Let’s say you have a choice between two drugs to treat acid reflux. One is $200 per month. The other is $25. They have similar ingredients, the same effectiveness, and the same safety record. Which do you choose?
It seems like an easy answer, but many of us still choose the $200 brand-name drug over its $25 generic alternative. The brand name may be more familiar or what you are used to taking. Or you may not be convinced that the generic drug will have the same positive impact. But a generic alternative produces the same result as the brand name and, according to the Food and Drug Administration, is on average 80 to 85 percent less expensive.
When you switch from a brand name to a generic, the savings can add up quickly. The example that I used was a real one, comparing the price for a 30-day supply of Nexium®, an acid reflux medication, with omeprazole, an effective generic alternative in the same category of drugs as Nexium. If you take the generic for a year, that is a savings of over $2,000.
If you have a prescription drug plan, those savings will help control future increases in premium costs as well as reduce your out-of-pocket costs. For example, a co-payment for a typical generic drug is $8, while a typical co-payment for a brand-name drug is $42. That’s an average savings of more than $400 in co-payments annually for just one prescription.
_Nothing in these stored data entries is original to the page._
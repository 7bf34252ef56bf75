-- ===== src/Kuma/Confined.antt =====
-- Which of Kuma's monitors a pass of internal/kuma/syncer.go edits and deletes.
use almanaut.Base.Text.{Text}
use almanaut.Base.Assoc.{Assoc, has_key, lookup, retain}
use almanaut.Base.{
  All, Bool, List, Option, Option-cases, [], all, arith, bool_eq, contains, inl, inr, list_eq,
  nat_eq, none, not, pair_eq, refl, some, string_eq, true, ℕ, ◌&&◌, ◌++◌, ◌+◌, ◌∷◌, ◌≡◌,
}
use almanaut.Inventory.{Service}
use almanaut.Base.Sort.{sort_by, sort_by-All}
use almanaut.Kuma.{
  Action, Call, Fate, Mapping, Monitor, PassState, add_call, by_id, create, creations, delete_call,
  desire, edit, edit_call, forget, managed, perform, perform_all, plan, prepend_action, put_row,
  reconcile, remove, row_action,
}

-- The monitors of the mapping's rows.
abbrev pub monitor_ids : Mapping → List ℕ
monitor_ids [] = []
monitor_ids ((service, mid) ∷ rows) = mid ∷ monitor_ids rows

-- Every monitor that the calls edit or delete is known: it is one of the given ones, or an earlier
-- call added it.
abbrev pub touches_known : List ℕ → List Call → Bool
touches_known known [] = true
touches_known known (add_call m none ∷ calls) = touches_known known calls
touches_known known (add_call m (some id) ∷ calls) = touches_known (id ∷ known) calls
touches_known known (edit_call m answer ∷ calls) = contains known m.id && touches_known known calls
touches_known known (delete_call mid answer ∷ calls) =
    contains known mid && touches_known known calls

abbrev is_known : List ℕ → Action → Bool
is_known known (create service m) = true
is_known known (edit service m) = contains known m.id
is_known known (remove service mid) = contains known mid
is_known known (forget service) = true

abbrev all_known : List ℕ → List Action → Bool
all_known known actions = all (is_known known) actions

all_known-cons :
    (id : ℕ) (known : List ℕ) (actions : List Action)
    → all_known known actions ≡ true
    → all_known (id ∷ known) actions ≡ true
all_known-cons id known [] h = refl
all_known-cons id known (create service m ∷ actions) h = all_known-cons id known actions h
all_known-cons id known (edit service m ∷ actions) h =
    ground (arith, all_known-cons id known actions)
all_known-cons id known (remove service mid ∷ actions) h =
    ground (arith, all_known-cons id known actions)
all_known-cons id known (forget service ∷ actions) h = all_known-cons id known actions h

-- What is known after some calls.
abbrev known_after : List ℕ → List Call → List ℕ
known_after known [] = known
known_after known (add_call m (some id) ∷ calls) = known_after (id ∷ known) calls
known_after known (add_call m none ∷ calls) = known_after known calls
known_after known (edit_call m answer ∷ calls) = known_after known calls
known_after known (delete_call mid answer ∷ calls) = known_after known calls

all_known-known_after :
    (known : List ℕ) (calls : List Call) (actions : List Action)
    → all_known known actions ≡ true
    → all_known (known_after known calls) actions ≡ true
all_known-known_after known [] actions h = h
all_known-known_after known (add_call m (some id) ∷ calls) actions h =
    all_known-known_after (id ∷ known) calls actions (all_known-cons id known actions h)
all_known-known_after known (add_call m none ∷ calls) actions h =
    all_known-known_after known calls actions h
all_known-known_after known (edit_call m answer ∷ calls) actions h =
    all_known-known_after known calls actions h
all_known-known_after known (delete_call mid answer ∷ calls) actions h =
    all_known-known_after known calls actions h

touches_known-append :
    (known : List ℕ) (calls later : List Call)
    → touches_known known (calls ++ later)
      ≡ (touches_known known calls && touches_known (known_after known calls) later)
touches_known-append known [] later = refl
touches_known-append known (add_call m (some id) ∷ calls) later =
    touches_known-append (id ∷ known) calls later
touches_known-append known (add_call m none ∷ calls) later = touches_known-append known calls later
touches_known-append known (edit_call m answer ∷ calls) later =
    ground (arith, touches_known-append known calls later)
touches_known-append known (delete_call mid answer ∷ calls) later =
    ground (arith, touches_known-append known calls later)

touches_known-perform :
    (known : List ℕ) (st : PassState) (f : Fate) (a : Action)
    → is_known known a ≡ true
    → touches_known known (perform st f a).1 ≡ true
unfolding perform put_row
touches_known-perform known st f (create service m) h = elim (Option-cases f.added) [
  | inl refused ↦ rw refused
  | inr (id, taken) ↦ rw taken (ground arith)
]
touches_known-perform known st f (edit service m) h = ground arith
touches_known-perform known st f (remove service mid) h = ground arith
touches_known-perform known st f (forget service) h = refl

touches_known-perform_all :
    (fates : ℕ → Fate) (n : ℕ) (known : List ℕ) (st : PassState) (actions : List Action)
    → all_known known actions ≡ true
    → touches_known known (perform_all fates n st actions).1 ≡ true
unfolding perform_all
touches_known-perform_all fates n known st [] h = refl
touches_known-perform_all fates n known st (a ∷ actions) h =
    let (st', calls) = perform st (fates n) a in
    let first_calls : touches_known known calls ≡ true =
      touches_known-perform known st (fates n) a (ground arith) in
    let later =
      touches_known-perform_all fates (n + 1) (known_after known calls) st' actions
        (all_known-known_after known calls actions (ground arith)) in
    ground (
      arith,
      first_calls,
      later,
      touches_known-append known calls (perform_all fates (n + 1) st' actions).1,
    )

-- What is planned for a row touches only that row's monitor.
row_action-known :
    (known : List ℕ) (service mid : ℕ) (cur want : Option Monitor) (actions : List Action)
    → contains known mid ≡ true
    → all_known known actions ≡ true
    → all_known known (prepend_action (row_action service mid cur want) actions) ≡ true
row_action-known known service mid (some cur) (some want) actions h rest = ground arith
row_action-known known service mid none (some want) actions h rest = rest
row_action-known known service mid (some cur) none actions h rest = ground arith
row_action-known known service mid none none actions h rest = rest

managed-known :
    (known : List ℕ) (desired existing : Assoc ℕ Monitor) (rows : Mapping)
    → All (λ row. contains known row.1 ≡ true) rows
    → all_known known (managed desired existing rows) ≡ true
unfolding managed
managed-known known desired existing [] h = refl
managed-known known desired existing ((service, mid) ∷ rows) h =
    row_action-known known service mid (lookup mid existing) (lookup service desired) _ h.0
      (managed-known known desired existing rows h.1)

append-known :
    (known : List ℕ) (actions : List Action) (wanted : Assoc ℕ Monitor)
    → all_known known actions ≡ true
    → all_known known (actions ++ creations wanted) ≡ true
unfolding creations
append-known known [] [] h = refl
append-known known [] ((service, want) ∷ rest) h = append-known known [] rest refl
append-known known (a ∷ actions) wanted h = ground (arith, append-known known actions wanted)

monitor_ids-All :
    (extra : List ℕ) (rows : Mapping)
    → ((mid : ℕ) → contains (monitor_ids rows) mid ≡ true → contains extra mid ≡ true)
    → All (λ row. contains extra row.1 ≡ true) rows
monitor_ids-All extra [] h = tt
monitor_ids-All extra ((service, mid) ∷ rows) h =
    (h mid (ground arith), monitor_ids-All extra rows λ other there. h other (ground arith))

plan-known :
    (parse_url : Text → Option (Text × Text)) (services : List Service) (mapping : Mapping)
    (existing : Assoc ℕ Monitor)
    → all_known (monitor_ids mapping) (plan parse_url services mapping existing).0 ≡ true
unfolding plan
plan-known parse_url services mapping existing =
    let ids = monitor_ids mapping in
    let desired = desire parse_url services [] in
    let rows = sort_by by_id mapping in
    let wanted = sort_by by_id (retain (λ service want. not (has_key service mapping)) desired) in
    append-known ids (managed desired existing rows) wanted (
      managed-known ids desired existing rows (
        sort_by-All (λ row. contains ids row.1 ≡ true) by_id mapping
          (monitor_ids-All ids mapping λ mid there. there)))

-- Whatever Kuma answers and whatever fails, a pass edits and deletes only monitors that a row of the
-- mapping names when it begins, or that the pass itself added before: a monitor that someone else
-- made in Kuma is never touched.
pub reconcile-touches_known :
    (parse_url : Text → Option (Text × Text)) (fates : ℕ → Fate) (services : List Service)
    (mapping : Mapping) (existing : Assoc ℕ Monitor)
    → touches_known (monitor_ids mapping) (reconcile parse_url fates services mapping existing).1
      ≡ true
unfolding reconcile
reconcile-touches_known parse_url fates services mapping existing =
    touches_known-perform_all fates 0 (monitor_ids mapping) _
      (plan parse_url services mapping existing).0 (plan-known parse_url services mapping existing)
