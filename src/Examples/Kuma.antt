-- ===== src/Examples/Kuma.antt =====
-- Inputs for the theorems on internal/kuma.
use almanaut.Base.{
  List, Option, [], bool_eq, false, list_eq, ltb, nat_eq, none, pair_eq, refl, some, string_eq,
  true, ℕ, ◌+◌, ◌↔◌, ◌∷◌, ◌≡◌, ◌⊎◌,
}
use almanaut.Base.Assoc.{Assoc, delete, has_key, insert, lookup, retain}
use almanaut.Base.Sort.{sort_by}
use almanaut.Base.Text.{Text, text_of}
use almanaut.Inventory.{Service}
use almanaut.Kuma.{
  Fate, Mapping, Monitor, add_call, delete_call, desire, edit_call, is_monitorable, new_monitor,
  perform, perform_all, plan, reconcile,
}
use almanaut.Kuma.Plan.{in_sync, plan-nil}
use almanaut.Kuma.Rows.{adds, reconcile-rows}
use almanaut.Kuma.Confined.{reconcile-touches_known, touches_known}

abbrev site : ℕ → Text → Service
site id url = record { id = id; name = text_of "site"; url = url; check_address = [] }

-- A text that is not empty is a URL.
abbrev parse : Text → Option (Text × Text)
parse [] = none
parse (c ∷ s) = some (text_of "http", c ∷ s)

-- Service 1 has its monitor, 2 has none yet, 3 has no URL.
abbrev sites : List Service
sites = site 1 (text_of "http://a") ∷ site 2 (text_of "http://b") ∷ site 3 [] ∷ []

abbrev rows : Mapping
rows = (1, 10) ∷ (7, 11) ∷ []

-- Monitor 12 is not managed.
abbrev monitors : Assoc ℕ Monitor
monitors =
    (10, record { id = 10; name = text_of "old"; url = text_of "http://a"; raw = text_of "x" })
    ∷ (11, new_monitor (text_of "gone") (text_of "http://g"))
    ∷ (12, new_monitor (text_of "other") (text_of "http://o"))
    ∷ []

-- The third action's row cannot be written.
abbrev fate : ℕ → Fate
fate n = record {
  ended = false;
  added = some (20 + n);
  succeeds = true;
  writes = ltb n 2;
  cleans_up = true;
}

reconcile-touches_known_example :
    touches_known (10 ∷ 11 ∷ []) (reconcile parse fate sites rows monitors).1 ≡ true
reconcile-touches_known_example = reconcile-touches_known parse fate sites rows monitors

plan-nil_example :
    ((plan parse sites rows monitors).0 ≡ [])
    ↔ (in_sync (desire parse sites []) rows monitors ≡ true)
plan-nil_example = plan-nil parse sites rows monitors

abbrev good_day : ℕ → Fate
good_day n = record (fate n) { writes = true }

added : lookup 2 (reconcile parse good_day sites rows monitors).0.mapping ≡ some 22
unfolding reconcile plan desire perform_all perform sort_by lookup insert retain has_key
    is_monitorable delete
added = refl

reconcile-rows_example :
    (lookup 2 rows ≡ some 22) ⊎ (adds 22 (reconcile parse good_day sites rows monitors).1 ≡ true)
reconcile-rows_example = reconcile-rows parse good_day sites rows monitors 2 22 added

-- The run: an edit, a deletion, and a creation that is taken back.
runs :
    (reconcile parse fate sites rows monitors).1
    ≡ edit_call
        (record { id = 10; name = text_of "site"; url = text_of "http://a"; raw = text_of "x" })
        true
      ∷ delete_call 11 true
      ∷ add_call (new_monitor (text_of "site") (text_of "http://b")) (some 22)
      ∷ delete_call 22 true
      ∷ []
unfolding reconcile plan desire perform_all perform sort_by lookup insert retain has_key
    is_monitorable
runs = refl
At a time when we are all concerned about the affordability of healthcare and the prolonged recession is putting additional financial strain on Rhode Islanders, using generics can make a big difference. At Blue Cross & Blue Shield of Rhode Island (BCBSRI), prescription drugs account for about 20 percent of total claims cost, and the high cost of brand-name prescriptions ultimately comes out of our customers’ pockets in the form of increased premiums, co-payments, or out-of-pocket costs. And the cost of brand-name drugs shows no sign of slowing down. According to the Government Accounting Office, prescription drug costs rose faster than any other healthcare expense last year.
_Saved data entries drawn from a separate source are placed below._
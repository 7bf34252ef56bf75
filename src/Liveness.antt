-- ===== src/Liveness.antt =====
-- internal/liveness/liveness.go: one pass of reachability checks, and what it records and sends. A
-- check is a function of the stored states and of what its surroundings did: the dial, the context,
-- the clock and the database. Instants have the precision of the database, a second.
pub mod Transitions
use almanaut.Base.{
  Bool, List, Option, String, [], bool_eq, if◌then◌else◌, list_eq, nat_eq, none, pair_eq, some,
  string_eq, ℕ, ◌++◌, ◌==◌, ◌∷◌,
}
use almanaut.Base.Assoc.{Assoc, insert, lookup}
use almanaut.Base.Text.{Text}
use almanaut.Inventory.{EntityRef, Host, Service}

pub record LivenessStatus : Type 0 where
  -- "up" or "down"
  pub status : String
  pub checked_at : ℕ
  pub changed_at : ℕ
  pub last_error : Text

abbrev pub liveness_up : String
liveness_up = "up"

abbrev pub liveness_down : String
liveness_down = "down"

-- The table `liveness_state`, under the entity's type and id.
abbrev pub States : Type 0
States = Assoc EntityRef LivenessStatus

pub record Target : Type 0 where
  pub entity_type : String
  pub id : ℕ
  pub label : Text
  pub addr : Text

abbrev pub ref_of : Target → EntityRef
ref_of t = (t.entity_type, t.id)

host_targets : List Host → List Target
host_targets [] = []
host_targets (h ∷ hosts) =
    let rest = host_targets hosts in
    if h.check_address == []
    then rest
    else record { entity_type = "host"; id = h.id; label = h.name; addr = h.check_address } ∷ rest

service_targets : List Service → List Target
service_targets [] = []
service_targets (s ∷ services) =
    let rest = service_targets services in
    if s.check_address == []
    then rest
    else record { entity_type = "service"; id = s.id; label = s.name; addr = s.check_address }
      ∷ rest

-- The targets of `Run`, in the order in which it dispatches them.
unfoldable pub targets : List Host → List Service → List Target
unfolding host_targets service_targets
targets hosts services = host_targets hosts ++ service_targets services

-- How a dial ends: reached, an error, or a panic, which `safeCheck` turns into a log line.
pub data Probe : Type 0 where
  reached panicked : Probe
  refused : Text → Probe

pub record Surroundings : Type 0 where
  pub probe : Probe
  -- The parent context has ended before the dial, or when it returns.
  pub ended_before : Bool
  pub ended_during : Bool
  -- The database fails to read, other than by finding no row, or to write.
  pub read_fails : Bool
  pub write_fails : Bool
  pub now : ℕ

-- What `notify` is called with; `status` tells the two messages apart.
pub record Notice : Type 0 where
  pub target : Target
  pub status : String
  pub last_error : Text

changed_since : Option LivenessStatus → String → ℕ → ℕ
changed_since none status now = now
changed_since (some prior) status now = if prior.status == status then prior.changed_at else now

transition : Option LivenessStatus → Target → String → Text → Option Notice
transition none t status last_error = none
transition (some prior) t status last_error =
    if prior.status == status
    then none
    else some (record { target = t; status = status; last_error = last_error })

-- The part of `check` after the dial.
record_result : States → Target → Surroundings → String → Text → States × Option Notice
unfolding changed_since transition
record_result states t w status last_error =
    if w.read_fails
    then (states, none)
    else (let prior = lookup (ref_of t) states in
        if w.write_fails then (states, none) else (
          insert (ref_of t)
              (record {
                status = status;
                checked_at = w.now;
                changed_at = changed_since prior status w.now;
                last_error = last_error;
              })
              states,
          transition prior t status last_error,
        ))

after_dial : States → Target → Surroundings → Probe → States × Option Notice
unfolding record_result
after_dial states t w panicked = (states, none)
after_dial states t w reached =
    if w.ended_during then (states, none) else record_result states t w liveness_up []
after_dial states t w (refused e) =
    if w.ended_during then (states, none) else record_result states t w liveness_down e

-- `safeCheck` around `check`.
unfoldable pub check : States → Target → Surroundings → States × Option Notice
unfolding after_dial
check states t w = if w.ended_before then (states, none) else after_dial states t w w.probe

abbrev pub prepend {ℓ} : {A : Type ℓ} → Option A → List A → List A
prepend none xs = xs
prepend (some x) xs = x ∷ xs

-- The checks of one pass, or of several, in the order in which their results are recorded.
unfoldable pub check_all : States → List (Target × Surroundings) → States × List Notice
check_all states [] = (states, [])
check_all states ((t, w) ∷ rest) =
    let (states', notice) = check states t w in
    let (end, later) = check_all states' rest in (end, prepend notice later)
As a doctor, I’ve had patients ask me why a generic that is just as safe and effective would cost so much less than the brand name. The reason is that generic manufacturers don’t need to spend the same amount of money as brand-name manufacturers on developing the drug or in advertising and promotion. (That’s why most of us have never heard of the names of generic medications.) However, generic drug manufacturers are held to the same quality standards – many generics are even made in the same facilities as their brand-name counterparts. At BCBSRI, well over 70 percent of drugs taken by our members are generics, a clear sign that most folks in Rhode Island now appreciate their value and safety.
It’s important to note that not all brand-name drugs have generic alternatives, since a brand-name drug has to be on the market for a certain number of years before its patent expires. And certainly many of those brand-name drugs have a tremendous impact on our health – some people simply couldn’t live without them. If you take a brand-name drug, talk to your doctor about whether there is a generic alternative available or if there are other options that can save you money. This could include taking an over-the-counter drug or making healthy lifestyle changes that reduce your need for medication. However, you should never stop or change any medications without talking to your doctor.
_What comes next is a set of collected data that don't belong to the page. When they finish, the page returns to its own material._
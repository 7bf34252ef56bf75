-- ===== src/Liveness/Transitions.antt =====
-- When internal/liveness/liveness.go notifies.
use almanaut.Base.Text.{Text}
use almanaut.Base.{
  Bool, List, Option, Option-cases, String, [], arith, bool_eq, false, if◌then◌else◌, inl, inr,
  list_eq, nat_eq, none, not, pair_beq_iff, pair_eq, refl, some, string_eq, ◌==◌, ◌||◌, ◌∷◌, ◌≡◌,
}
use almanaut.Base.Assoc.{insert, lookup, lookup-insert}
use almanaut.Inventory.{EntityRef}
use almanaut.Liveness.{
  LivenessStatus, Notice, Probe, States, Surroundings, Target, changed_since, check, check_all,
  liveness_down, liveness_up, panicked, prepend, reached, ref_of, refused, transition,
}

-- The status that a check records, if it records one.
abbrev dialled : Probe → Option String
dialled reached = some liveness_up
dialled (refused e) = some liveness_down
dialled panicked = none

abbrev pub observed : Surroundings → Option String
observed w =
    if w.ended_before || w.ended_during || w.read_fails || w.write_fails
    then none
    else dialled w.probe

abbrev pub status_of : Option LivenessStatus → Option String
status_of none = none
status_of (some s) = some s.status

-- The recorded statuses of one entity, oldest first.
abbrev pub observations : EntityRef → List (Target × Surroundings) → List String
observations ref [] = []
observations ref ((t, w) ∷ rest) =
    if ref_of t == ref then prepend (observed w) (observations ref rest) else observations ref rest

-- The statuses of the notices about one entity.
abbrev pub notified : EntityRef → List Notice → List String
notified ref [] = []
notified ref (n ∷ ns) =
    if ref_of n.target == ref then n.status ∷ notified ref ns else notified ref ns

abbrev differs : Option String → String → Bool
differs none s = false
differs (some p) s = not (p == s)

-- The statuses that differ from the one before them; the first has none before it.
abbrev pub changes : Option String → List String → List String
changes prior [] = []
changes prior (s ∷ ss) = if differs prior s then s ∷ changes (some s) ss else changes (some s) ss

abbrev observed_of : EntityRef → Target → Surroundings → Option String
observed_of ref t w = if ref_of t == ref then observed w else none

abbrev or_prior : Option String → Option String → Option String
or_prior none prior = prior
or_prior (some s) prior = some s

check_unrecorded :
    (states : States) (t : Target) (w : Surroundings)
    → observed w ≡ none
    → check states t w ≡ (states, none)
unfolding check
check_unrecorded states t w h = ground arith

abbrev dial_error : Probe → Text
dial_error reached = []
dial_error panicked = []
dial_error (refused e) = e

abbrev recorded : States → Target → Surroundings → String → LivenessStatus
recorded states t w s = record {
  status = s;
  checked_at = w.now;
  changed_at = changed_since (lookup (ref_of t) states) s w.now;
  last_error = dial_error w.probe;
}

check-recorded :
    (states : States) (t : Target) (w : Surroundings) (s : String)
    → observed w ≡ some s
    → check states t w ≡ (
      insert (ref_of t) (recorded states t w s) states,
      transition (lookup (ref_of t) states) t s (dial_error w.probe),
    )
unfolding check
check-recorded states t w s h = ground arith

-- The notices about an entity go with the changes of its status.
notified-check :
    (states : States) (t : Target) (w : Surroundings) (ref : EntityRef) (later : List Notice)
    (ss : List String)
    → notified ref later ≡ changes (status_of (lookup ref (check states t w).0)) ss
    → notified ref (prepend (check states t w).1 later)
      ≡ changes
          (status_of (lookup ref states))
          (if ref_of t == ref then prepend (observed w) ss else ss)
unfolding transition
notified-check states t w ref later ss h = elim (Option-cases (observed w)) [
  | inl unseen ↦
      rw (check_unrecorded states t w unseen, unseen)
        (ground (arith, check_unrecorded states t w unseen))
  | inr (s, seen) ↦
      rw (check-recorded states t w s seen, seen)
        (ground (
          arith,
          check-recorded states t w s seen,
          lookup-insert (ref_of t) ref (recorded states t w s) states,
          pair_beq_iff (ref_of t) ref,
        ))
]

-- The notices about an entity are exactly the changes of its recorded status, in order: one for each
-- observation that differs from the one before it, and none for the first ever. Checks that are cut
-- off, that panic or whose result is not recorded count as no observation, and checks of other
-- entities play no part.
pub notified-eq-changes :
    (states : States) (checks : List (Target × Surroundings)) (ref : EntityRef)
    → notified ref (check_all states checks).1
      ≡ changes (status_of (lookup ref states)) (observations ref checks)
unfolding check_all
notified-eq-changes states [] ref = refl
notified-eq-changes states ((t, w) ∷ rest) ref =
    notified-check states t w ref _ (observations ref rest)
      (notified-eq-changes (check states t w).0 rest ref)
Encouraging the use of generic drugs is just one of the ways that BCBSRI is working to help make healthcare and health insurance more affordable for everyone. By working together, Rhode Islanders can help address the issues facing our healthcare system and ensure that everyone in our state has access to the healthcare that they need and deserve.
Gus Manocchia, M.D., is an internist and Vice President and Chief Medical Officer of Provider Relations at BCBSRI.